Activity — Nothing is needed except the lines below that run from the one with "Calendar → Call → Ledger" through the one with "memory_call cal (dispatches_call", repeated exactly.

+---+

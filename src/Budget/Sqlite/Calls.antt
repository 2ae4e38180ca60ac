-- ===== src/Budget/Sqlite/Calls.antt =====
-- Sequences of calls of a budget ledger, src/ai_trading_team/runtime/budget.py and
-- src/ai_trading_team/storage/ai_budget.py: a client sees the answers, and a call that raises leaves
-- the state as it was.
use my_team_tradding.Budget.Ledger.{
  Ledger, mark_dispatched, mark_uncertain, release, release_undispatched_attempt, reserve_if_within,
  settle,
}
use my_team_tradding.Budget.Sqlite.{
  Table, sqlite_mark_dispatched, sqlite_mark_uncertain, sqlite_release,
  sqlite_release_undispatched_attempt, sqlite_reserve, sqlite_settle,
}
use my_team_tradding.Budget.Sqlite.Loaded.{IsUnique, loaded, loaded_result}
use my_team_tradding.Budget.Sqlite.Refine.{
  sqlite_reserve-refines, sqlite_settle-refines, sqlite_transition-refines,
}
use my_team_tradding.Budget.Sqlite.Unique.{
  sqlite_reserve-IsUnique, sqlite_settle-IsUnique, sqlite_transition-IsUnique,
}
use my_team_tradding.Budget.Types.{
  AiBudgetPolicy, BudgetFault, BudgetReservation, Calendar, dispatched, released, reserved,
  uncertain,
}
use my_team_tradding.Decimal.{Decimal}
use my_team_tradding.Prelude.{All, List, String, [], ap, none, refl, ℕ, ◌∷◌, ◌≡◌}
use my_team_tradding.Prelude.Result.{Result, err, ok}

pub data Call : Type 0 where
  reserves_call : BudgetReservation → AiBudgetPolicy → Call
  dispatches_call releases_call loses_call undoes_call : String → ℕ → ℕ → Call
  settles_call : String → ℕ → Decimal → ℕ → Call

-- A reservation comes to a ledger with no settled amount.
abbrev pub IsNewCall : Call → Type 0
IsNewCall (reserves_call r policy) = r.settled_amount ≡ none
IsNewCall _ = Unit

unfoldable pub memory_call :
    Calendar → Call → Ledger → Result BudgetFault (BudgetReservation × Ledger)
unfolding reserve_if_within mark_dispatched release mark_uncertain release_undispatched_attempt
    settle
memory_call cal (reserves_call r policy) l = reserve_if_within cal r policy l
memory_call cal (dispatches_call i n at) l = mark_dispatched (i, n) at l
memory_call cal (releases_call i n at) l = release (i, n) at l
memory_call cal (loses_call i n at) l = mark_uncertain (i, n) at l
memory_call cal (undoes_call i n at) l = release_undispatched_attempt (i, n) at l
memory_call cal (settles_call i n amount at) l = settle (i, n) amount at l

unfoldable pub sqlite_call :
    Calendar → Call → Table → Result BudgetFault (BudgetReservation × Table)
unfolding sqlite_reserve sqlite_mark_dispatched sqlite_release sqlite_mark_uncertain
    sqlite_release_undispatched_attempt sqlite_settle
sqlite_call cal (reserves_call r policy) t = sqlite_reserve cal r policy t
sqlite_call cal (dispatches_call i n at) t = sqlite_mark_dispatched i n at t
sqlite_call cal (releases_call i n at) t = sqlite_release i n at t
sqlite_call cal (loses_call i n at) t = sqlite_mark_uncertain i n at t
sqlite_call cal (undoes_call i n at) t = sqlite_release_undispatched_attempt i n at t
sqlite_call cal (settles_call i n amount at) t = sqlite_settle i n amount at t

-- The state behind a call, and what its caller sees.
abbrev pub state_after {ℓ} : {S : Type ℓ} → Result BudgetFault (BudgetReservation × S) → S → S
state_after (ok (r, s)) old = s
state_after (err e) old = old

abbrev pub answer_of {ℓ} :
    {S : Type ℓ} → Result BudgetFault (BudgetReservation × S) → Result BudgetFault BudgetReservation
answer_of (ok (r, s)) = ok r
answer_of (err e) = err e

-- The answers to a sequence of calls, and the state behind them.
module _ {ℓ} {S : Type ℓ} (call : Call → S → Result BudgetFault (BudgetReservation × S)) where
  unfoldable pub run_calls : List Call → S → List (Result BudgetFault BudgetReservation) × S
  run_calls [] s = ([], s)
  run_calls (c ∷ cs) s =
      let (answers, end) = run_calls cs (state_after (call c s) s) in
      (answer_of (call c s) ∷ answers, end)

sqlite_call-refines :
    (cal : Calendar) (c : Call) (t : Table)
    → IsUnique t
    → IsNewCall c
    → memory_call cal c (loaded t) ≡ loaded_result (sqlite_call cal c t)
unfolding memory_call sqlite_call
sqlite_call-refines cal (reserves_call r policy) t unique new =
    sqlite_reserve-refines cal policy r t new
sqlite_call-refines cal (dispatches_call i n at) t unique new =
    sqlite_transition-refines i n reserved dispatched at t unique
sqlite_call-refines cal (releases_call i n at) t unique new =
    sqlite_transition-refines i n reserved released at t unique
sqlite_call-refines cal (loses_call i n at) t unique new =
    sqlite_transition-refines i n dispatched uncertain at t unique
sqlite_call-refines cal (undoes_call i n at) t unique new =
    sqlite_transition-refines i n dispatched released at t unique
sqlite_call-refines cal (settles_call i n amount at) t unique new =
    sqlite_settle-refines i n amount at t unique

sqlite_call-IsUnique :
    (cal : Calendar) (c : Call) (t t' : Table) (v : BudgetReservation)
    → IsUnique t
    → sqlite_call cal c t ≡ ok (v, t')
    → IsUnique t'
unfolding sqlite_call
sqlite_call-IsUnique cal (reserves_call r policy) t t' v unique h =
    sqlite_reserve-IsUnique cal r v policy t t' unique h
sqlite_call-IsUnique cal (dispatches_call i n at) t t' v unique h =
    sqlite_transition-IsUnique i n reserved dispatched at t t' v unique h
sqlite_call-IsUnique cal (releases_call i n at) t t' v unique h =
    sqlite_transition-IsUnique i n reserved released at t t' v unique h
sqlite_call-IsUnique cal (loses_call i n at) t t' v unique h =
    sqlite_transition-IsUnique i n dispatched uncertain at t t' v unique h
sqlite_call-IsUnique cal (undoes_call i n at) t t' v unique h =
    sqlite_transition-IsUnique i n dispatched released at t t' v unique h
sqlite_call-IsUnique cal (settles_call i n amount at) t t' v unique h =
    sqlite_settle-IsUnique i n amount at t t' v unique h

state_after-IsUnique :
    (m : Result BudgetFault (BudgetReservation × Table)) (t : Table)
    → ((v : BudgetReservation) (t' : Table) → m ≡ ok (v, t') → IsUnique t')
    → IsUnique t
    → IsUnique (state_after m t)
state_after-IsUnique (ok (v, t')) t h unique = h v t' refl
state_after-IsUnique (err e) t h unique = unique

state_after-loaded :
    (m : Result BudgetFault (BudgetReservation × Table)) (t : Table)
    → state_after (loaded_result m) (loaded t) ≡ loaded (state_after m t)
state_after-loaded (ok (v, t')) t = refl
state_after-loaded (err e) t = refl

answer_of-loaded :
    (m : Result BudgetFault (BudgetReservation × Table)) → answer_of (loaded_result m) ≡ answer_of m
answer_of-loaded (ok (v, t')) = refl
answer_of-loaded (err e) = refl

run_from :
    (cal : Calendar) (cs : List Call) (t : Table)
    → IsUnique t
    → All IsNewCall cs
    → run_calls (memory_call cal) cs (loaded t)
      ≡ ((run_calls (sqlite_call cal) cs t).0, loaded ((run_calls (sqlite_call cal) cs t).1))
unfolding run_calls
run_from cal [] t unique new = refl
run_from cal (c ∷ cs) t unique new =
    let m = sqlite_call cal c t in
    rw (sqlite_call-refines cal c t unique new.0, state_after-loaded m t, answer_of-loaded m)
      (ap (λ p. (answer_of m ∷ p.0, p.1))
        (run_from cal cs (state_after m t)
          (state_after-IsUnique m t (λ v t' h. sqlite_call-IsUnique cal c t t' v unique h) unique)
          new.1))

-- From an empty database every sequence of calls is answered as the in-memory ledger answers it, in
-- every error too, and leaves the same items, if no call reserves with a settled amount.
pub run_calls-refines :
    (cal : Calendar) (cs : List Call)
    → All IsNewCall cs
    → run_calls (memory_call cal) cs []
      ≡ ((run_calls (sqlite_call cal) cs []).0, loaded ((run_calls (sqlite_call cal) cs []).1))
run_calls-refines cal cs new = run_from cal cs [] tt new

+---+

Response —
    Calendar → Call → Ledger → Result BudgetFault (BudgetReservation × Ledger)
unfolding reserve_if_within mark_dispatched release mark_uncertain release_undispatched_attempt
    settle
memory_call cal (reserves_call r policy) l = reserve_if_within cal r policy l
memory_call cal (dispatches_call i n at) l = mark_dispatched (i, n) at l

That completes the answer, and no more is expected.